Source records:
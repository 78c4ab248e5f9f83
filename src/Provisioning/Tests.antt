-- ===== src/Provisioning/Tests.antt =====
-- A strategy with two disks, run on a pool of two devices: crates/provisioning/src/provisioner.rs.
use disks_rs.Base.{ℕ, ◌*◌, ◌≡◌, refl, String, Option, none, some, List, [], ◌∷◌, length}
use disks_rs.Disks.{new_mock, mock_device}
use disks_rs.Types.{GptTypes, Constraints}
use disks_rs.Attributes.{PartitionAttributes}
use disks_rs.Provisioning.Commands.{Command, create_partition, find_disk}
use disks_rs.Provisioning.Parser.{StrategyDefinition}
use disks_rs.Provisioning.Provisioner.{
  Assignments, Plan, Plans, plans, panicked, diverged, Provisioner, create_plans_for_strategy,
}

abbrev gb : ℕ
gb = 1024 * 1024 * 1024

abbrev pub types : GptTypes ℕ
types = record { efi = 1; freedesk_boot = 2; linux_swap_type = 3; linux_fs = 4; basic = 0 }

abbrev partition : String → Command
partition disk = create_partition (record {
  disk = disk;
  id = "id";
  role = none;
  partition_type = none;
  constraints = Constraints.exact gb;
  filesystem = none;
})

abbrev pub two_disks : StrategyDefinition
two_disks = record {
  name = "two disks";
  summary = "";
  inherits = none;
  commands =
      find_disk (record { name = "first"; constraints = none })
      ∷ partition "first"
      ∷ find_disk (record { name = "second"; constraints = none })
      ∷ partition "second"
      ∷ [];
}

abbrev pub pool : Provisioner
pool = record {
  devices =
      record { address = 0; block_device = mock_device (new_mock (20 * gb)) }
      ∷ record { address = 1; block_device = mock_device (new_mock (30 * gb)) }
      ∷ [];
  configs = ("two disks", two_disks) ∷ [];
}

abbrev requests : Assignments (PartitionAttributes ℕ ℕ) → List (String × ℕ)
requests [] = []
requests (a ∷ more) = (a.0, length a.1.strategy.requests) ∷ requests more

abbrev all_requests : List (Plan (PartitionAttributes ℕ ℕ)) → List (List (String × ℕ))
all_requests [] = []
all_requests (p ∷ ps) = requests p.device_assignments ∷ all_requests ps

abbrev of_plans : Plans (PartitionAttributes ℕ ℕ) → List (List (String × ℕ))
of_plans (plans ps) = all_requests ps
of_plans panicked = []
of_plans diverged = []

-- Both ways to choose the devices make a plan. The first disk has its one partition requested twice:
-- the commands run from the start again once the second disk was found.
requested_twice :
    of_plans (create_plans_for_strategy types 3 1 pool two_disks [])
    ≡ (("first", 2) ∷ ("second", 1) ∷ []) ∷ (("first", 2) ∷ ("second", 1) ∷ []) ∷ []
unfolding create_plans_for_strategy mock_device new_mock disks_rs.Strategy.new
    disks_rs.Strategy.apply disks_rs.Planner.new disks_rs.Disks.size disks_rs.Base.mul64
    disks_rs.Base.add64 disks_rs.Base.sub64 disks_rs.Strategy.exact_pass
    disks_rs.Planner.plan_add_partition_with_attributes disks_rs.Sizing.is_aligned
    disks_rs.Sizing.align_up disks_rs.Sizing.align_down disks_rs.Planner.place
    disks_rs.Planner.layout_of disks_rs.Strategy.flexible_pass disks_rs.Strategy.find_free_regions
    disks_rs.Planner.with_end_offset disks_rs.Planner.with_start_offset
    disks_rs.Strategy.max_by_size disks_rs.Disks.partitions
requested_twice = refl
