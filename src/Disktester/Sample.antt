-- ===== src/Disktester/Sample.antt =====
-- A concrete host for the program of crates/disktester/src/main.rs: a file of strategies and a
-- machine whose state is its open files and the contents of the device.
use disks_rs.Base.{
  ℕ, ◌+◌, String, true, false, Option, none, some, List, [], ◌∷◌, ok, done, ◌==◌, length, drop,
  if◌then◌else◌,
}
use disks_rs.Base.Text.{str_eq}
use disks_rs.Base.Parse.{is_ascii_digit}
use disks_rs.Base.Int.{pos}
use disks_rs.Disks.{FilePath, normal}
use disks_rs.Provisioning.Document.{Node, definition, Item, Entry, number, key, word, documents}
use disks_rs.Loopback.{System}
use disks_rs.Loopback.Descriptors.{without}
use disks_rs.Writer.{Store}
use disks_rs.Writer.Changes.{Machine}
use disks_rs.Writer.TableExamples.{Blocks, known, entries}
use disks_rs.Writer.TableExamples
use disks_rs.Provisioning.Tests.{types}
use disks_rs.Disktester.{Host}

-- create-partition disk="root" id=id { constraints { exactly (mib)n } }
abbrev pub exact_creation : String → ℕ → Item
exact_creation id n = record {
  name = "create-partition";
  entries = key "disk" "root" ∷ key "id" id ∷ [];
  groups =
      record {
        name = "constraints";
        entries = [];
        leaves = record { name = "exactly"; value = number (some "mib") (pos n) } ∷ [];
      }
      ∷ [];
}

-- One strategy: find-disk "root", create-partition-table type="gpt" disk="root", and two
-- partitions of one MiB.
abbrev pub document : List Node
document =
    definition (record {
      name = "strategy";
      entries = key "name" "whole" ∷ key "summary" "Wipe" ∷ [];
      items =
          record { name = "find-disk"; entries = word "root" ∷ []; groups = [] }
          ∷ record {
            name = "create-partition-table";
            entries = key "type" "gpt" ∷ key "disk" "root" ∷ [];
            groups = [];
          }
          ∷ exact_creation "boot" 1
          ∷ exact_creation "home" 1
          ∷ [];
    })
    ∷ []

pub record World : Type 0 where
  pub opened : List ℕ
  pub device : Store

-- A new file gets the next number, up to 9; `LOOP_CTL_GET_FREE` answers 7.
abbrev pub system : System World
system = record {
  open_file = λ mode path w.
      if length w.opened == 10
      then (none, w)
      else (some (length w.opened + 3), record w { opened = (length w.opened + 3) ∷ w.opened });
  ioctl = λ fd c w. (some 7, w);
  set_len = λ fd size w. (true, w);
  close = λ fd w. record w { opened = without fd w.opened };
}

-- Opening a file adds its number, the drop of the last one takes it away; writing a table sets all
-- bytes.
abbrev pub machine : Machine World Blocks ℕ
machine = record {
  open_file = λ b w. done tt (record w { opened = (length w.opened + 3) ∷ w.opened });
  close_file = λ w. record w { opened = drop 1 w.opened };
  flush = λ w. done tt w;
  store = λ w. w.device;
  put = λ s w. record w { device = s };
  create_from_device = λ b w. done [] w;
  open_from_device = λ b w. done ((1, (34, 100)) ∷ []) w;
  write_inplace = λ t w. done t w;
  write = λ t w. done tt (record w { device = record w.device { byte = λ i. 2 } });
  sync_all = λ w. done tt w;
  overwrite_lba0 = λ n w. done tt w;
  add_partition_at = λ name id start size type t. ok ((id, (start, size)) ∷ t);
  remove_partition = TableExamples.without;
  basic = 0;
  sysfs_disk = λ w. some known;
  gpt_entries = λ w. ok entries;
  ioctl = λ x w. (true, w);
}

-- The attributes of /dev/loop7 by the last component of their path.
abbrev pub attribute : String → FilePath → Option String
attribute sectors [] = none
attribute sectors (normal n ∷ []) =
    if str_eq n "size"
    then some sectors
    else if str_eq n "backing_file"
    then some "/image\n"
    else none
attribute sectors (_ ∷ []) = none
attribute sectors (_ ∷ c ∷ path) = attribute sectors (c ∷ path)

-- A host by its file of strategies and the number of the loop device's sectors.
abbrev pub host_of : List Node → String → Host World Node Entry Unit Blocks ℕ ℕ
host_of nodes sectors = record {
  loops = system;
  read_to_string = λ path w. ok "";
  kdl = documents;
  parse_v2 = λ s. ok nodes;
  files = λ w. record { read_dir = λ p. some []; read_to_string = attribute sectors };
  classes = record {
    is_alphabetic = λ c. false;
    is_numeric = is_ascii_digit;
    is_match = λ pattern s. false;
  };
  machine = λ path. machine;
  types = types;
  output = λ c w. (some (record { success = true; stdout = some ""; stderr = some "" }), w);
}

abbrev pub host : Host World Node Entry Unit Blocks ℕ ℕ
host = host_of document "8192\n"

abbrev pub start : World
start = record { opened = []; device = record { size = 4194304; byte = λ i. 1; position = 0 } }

---

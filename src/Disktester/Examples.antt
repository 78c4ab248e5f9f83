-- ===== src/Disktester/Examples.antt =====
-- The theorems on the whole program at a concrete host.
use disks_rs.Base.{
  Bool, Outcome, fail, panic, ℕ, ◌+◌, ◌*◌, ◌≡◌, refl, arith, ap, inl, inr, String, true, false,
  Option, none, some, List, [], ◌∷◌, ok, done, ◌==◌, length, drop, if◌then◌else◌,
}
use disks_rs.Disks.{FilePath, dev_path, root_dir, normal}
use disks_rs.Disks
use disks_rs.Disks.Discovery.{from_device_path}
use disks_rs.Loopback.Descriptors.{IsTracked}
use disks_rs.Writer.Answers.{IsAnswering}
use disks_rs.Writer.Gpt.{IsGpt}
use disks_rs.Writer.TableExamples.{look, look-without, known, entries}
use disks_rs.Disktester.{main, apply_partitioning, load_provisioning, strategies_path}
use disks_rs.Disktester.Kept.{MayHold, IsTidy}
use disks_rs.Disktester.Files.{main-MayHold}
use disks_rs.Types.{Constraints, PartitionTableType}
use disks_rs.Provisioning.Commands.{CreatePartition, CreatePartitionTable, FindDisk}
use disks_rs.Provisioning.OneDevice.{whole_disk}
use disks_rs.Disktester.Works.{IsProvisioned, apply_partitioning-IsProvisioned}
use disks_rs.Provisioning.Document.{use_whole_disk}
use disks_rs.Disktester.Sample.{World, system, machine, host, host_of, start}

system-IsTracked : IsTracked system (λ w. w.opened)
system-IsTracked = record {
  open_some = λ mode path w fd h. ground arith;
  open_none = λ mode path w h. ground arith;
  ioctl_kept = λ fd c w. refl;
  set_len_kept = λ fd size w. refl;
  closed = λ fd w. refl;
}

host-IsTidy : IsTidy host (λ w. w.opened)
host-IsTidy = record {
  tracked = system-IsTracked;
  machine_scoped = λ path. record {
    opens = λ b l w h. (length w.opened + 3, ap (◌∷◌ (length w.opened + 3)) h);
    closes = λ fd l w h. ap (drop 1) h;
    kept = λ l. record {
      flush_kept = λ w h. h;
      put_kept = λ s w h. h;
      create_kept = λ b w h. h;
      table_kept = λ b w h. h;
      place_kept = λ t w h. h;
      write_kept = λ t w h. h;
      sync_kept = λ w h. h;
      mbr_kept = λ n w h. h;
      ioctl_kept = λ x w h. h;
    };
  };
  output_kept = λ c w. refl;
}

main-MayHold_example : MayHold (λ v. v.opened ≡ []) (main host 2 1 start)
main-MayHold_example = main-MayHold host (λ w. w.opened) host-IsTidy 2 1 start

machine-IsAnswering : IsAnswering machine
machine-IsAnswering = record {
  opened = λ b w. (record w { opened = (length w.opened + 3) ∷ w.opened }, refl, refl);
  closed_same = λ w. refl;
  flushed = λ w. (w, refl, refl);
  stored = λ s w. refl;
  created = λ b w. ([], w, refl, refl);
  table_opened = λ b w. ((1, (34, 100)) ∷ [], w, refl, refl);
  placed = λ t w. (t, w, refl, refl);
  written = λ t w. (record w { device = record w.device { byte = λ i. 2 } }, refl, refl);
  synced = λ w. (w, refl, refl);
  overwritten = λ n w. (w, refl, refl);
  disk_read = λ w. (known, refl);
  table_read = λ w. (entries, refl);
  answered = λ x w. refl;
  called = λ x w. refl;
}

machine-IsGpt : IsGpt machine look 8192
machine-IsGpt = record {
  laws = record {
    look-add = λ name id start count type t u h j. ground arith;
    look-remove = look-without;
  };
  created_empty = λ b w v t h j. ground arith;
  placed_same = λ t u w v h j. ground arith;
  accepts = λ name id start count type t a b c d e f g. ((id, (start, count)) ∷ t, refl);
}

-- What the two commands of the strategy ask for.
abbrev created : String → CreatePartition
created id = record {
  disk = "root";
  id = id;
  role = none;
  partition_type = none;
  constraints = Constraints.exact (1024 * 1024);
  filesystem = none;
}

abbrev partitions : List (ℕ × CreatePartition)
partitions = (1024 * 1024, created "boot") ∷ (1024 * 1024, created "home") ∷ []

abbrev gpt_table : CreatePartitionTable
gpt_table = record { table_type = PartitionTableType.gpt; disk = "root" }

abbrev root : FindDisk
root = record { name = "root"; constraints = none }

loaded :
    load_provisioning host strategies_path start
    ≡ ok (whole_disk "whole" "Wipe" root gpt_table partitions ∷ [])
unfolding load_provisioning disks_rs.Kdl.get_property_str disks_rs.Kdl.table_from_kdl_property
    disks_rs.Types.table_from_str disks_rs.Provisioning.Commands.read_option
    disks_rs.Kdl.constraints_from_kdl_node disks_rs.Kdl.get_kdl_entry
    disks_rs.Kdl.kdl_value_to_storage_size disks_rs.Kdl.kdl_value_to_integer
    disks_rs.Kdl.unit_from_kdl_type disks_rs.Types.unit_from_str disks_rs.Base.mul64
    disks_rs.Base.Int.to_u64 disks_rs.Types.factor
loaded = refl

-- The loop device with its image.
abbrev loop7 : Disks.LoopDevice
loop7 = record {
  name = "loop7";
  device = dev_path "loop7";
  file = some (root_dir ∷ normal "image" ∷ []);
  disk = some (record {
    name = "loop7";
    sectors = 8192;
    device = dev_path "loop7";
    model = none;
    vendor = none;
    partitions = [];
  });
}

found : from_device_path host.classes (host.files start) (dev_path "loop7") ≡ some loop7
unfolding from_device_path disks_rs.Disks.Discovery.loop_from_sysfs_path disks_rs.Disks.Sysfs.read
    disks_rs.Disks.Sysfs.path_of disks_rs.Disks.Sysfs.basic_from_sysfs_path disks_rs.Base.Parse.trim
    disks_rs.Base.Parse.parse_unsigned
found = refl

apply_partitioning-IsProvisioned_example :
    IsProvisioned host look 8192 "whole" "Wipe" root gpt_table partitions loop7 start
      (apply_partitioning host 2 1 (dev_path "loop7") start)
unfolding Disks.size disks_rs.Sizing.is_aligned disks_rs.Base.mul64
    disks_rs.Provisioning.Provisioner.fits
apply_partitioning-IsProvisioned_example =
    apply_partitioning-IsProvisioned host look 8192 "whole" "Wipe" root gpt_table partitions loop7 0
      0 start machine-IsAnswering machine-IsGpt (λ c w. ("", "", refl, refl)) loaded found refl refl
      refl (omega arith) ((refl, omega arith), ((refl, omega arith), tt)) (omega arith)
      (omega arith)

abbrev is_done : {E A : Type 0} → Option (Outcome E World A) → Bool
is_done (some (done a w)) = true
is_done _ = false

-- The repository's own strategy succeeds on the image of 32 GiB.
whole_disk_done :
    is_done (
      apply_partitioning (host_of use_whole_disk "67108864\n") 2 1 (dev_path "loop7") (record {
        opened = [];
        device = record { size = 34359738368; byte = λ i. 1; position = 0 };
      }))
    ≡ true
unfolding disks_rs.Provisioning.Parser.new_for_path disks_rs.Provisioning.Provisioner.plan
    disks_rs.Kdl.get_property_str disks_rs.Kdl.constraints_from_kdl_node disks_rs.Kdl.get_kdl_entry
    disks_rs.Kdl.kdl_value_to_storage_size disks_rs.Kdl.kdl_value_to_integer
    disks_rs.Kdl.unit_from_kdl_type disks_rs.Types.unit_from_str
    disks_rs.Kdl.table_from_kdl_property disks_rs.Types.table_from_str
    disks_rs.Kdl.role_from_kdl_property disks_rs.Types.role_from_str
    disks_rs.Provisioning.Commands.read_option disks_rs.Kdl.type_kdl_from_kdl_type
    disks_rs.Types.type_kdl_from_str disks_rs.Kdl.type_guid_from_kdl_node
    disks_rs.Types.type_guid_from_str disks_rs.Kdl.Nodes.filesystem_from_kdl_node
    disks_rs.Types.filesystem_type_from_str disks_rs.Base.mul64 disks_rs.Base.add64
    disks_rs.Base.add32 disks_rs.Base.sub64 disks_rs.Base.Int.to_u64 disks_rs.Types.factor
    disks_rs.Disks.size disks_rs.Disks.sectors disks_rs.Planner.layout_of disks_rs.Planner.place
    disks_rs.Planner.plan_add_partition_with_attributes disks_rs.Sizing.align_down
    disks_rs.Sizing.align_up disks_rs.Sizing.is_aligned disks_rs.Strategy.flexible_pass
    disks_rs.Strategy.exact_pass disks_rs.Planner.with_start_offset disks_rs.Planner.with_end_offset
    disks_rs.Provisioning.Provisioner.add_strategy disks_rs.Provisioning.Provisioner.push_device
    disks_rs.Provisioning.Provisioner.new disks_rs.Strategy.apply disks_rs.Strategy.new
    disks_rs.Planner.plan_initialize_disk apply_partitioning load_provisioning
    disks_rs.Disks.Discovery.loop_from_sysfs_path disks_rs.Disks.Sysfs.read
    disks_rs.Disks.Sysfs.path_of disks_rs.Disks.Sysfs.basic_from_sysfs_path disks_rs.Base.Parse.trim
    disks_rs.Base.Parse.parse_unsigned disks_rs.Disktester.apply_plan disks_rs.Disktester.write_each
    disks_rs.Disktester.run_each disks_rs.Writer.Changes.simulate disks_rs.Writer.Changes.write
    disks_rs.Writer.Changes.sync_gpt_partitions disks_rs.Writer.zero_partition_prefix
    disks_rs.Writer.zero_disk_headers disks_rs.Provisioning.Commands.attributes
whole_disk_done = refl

● **Task prompt**
Please say only the number of lines in the data that hold "Sample".

● **Response below**
3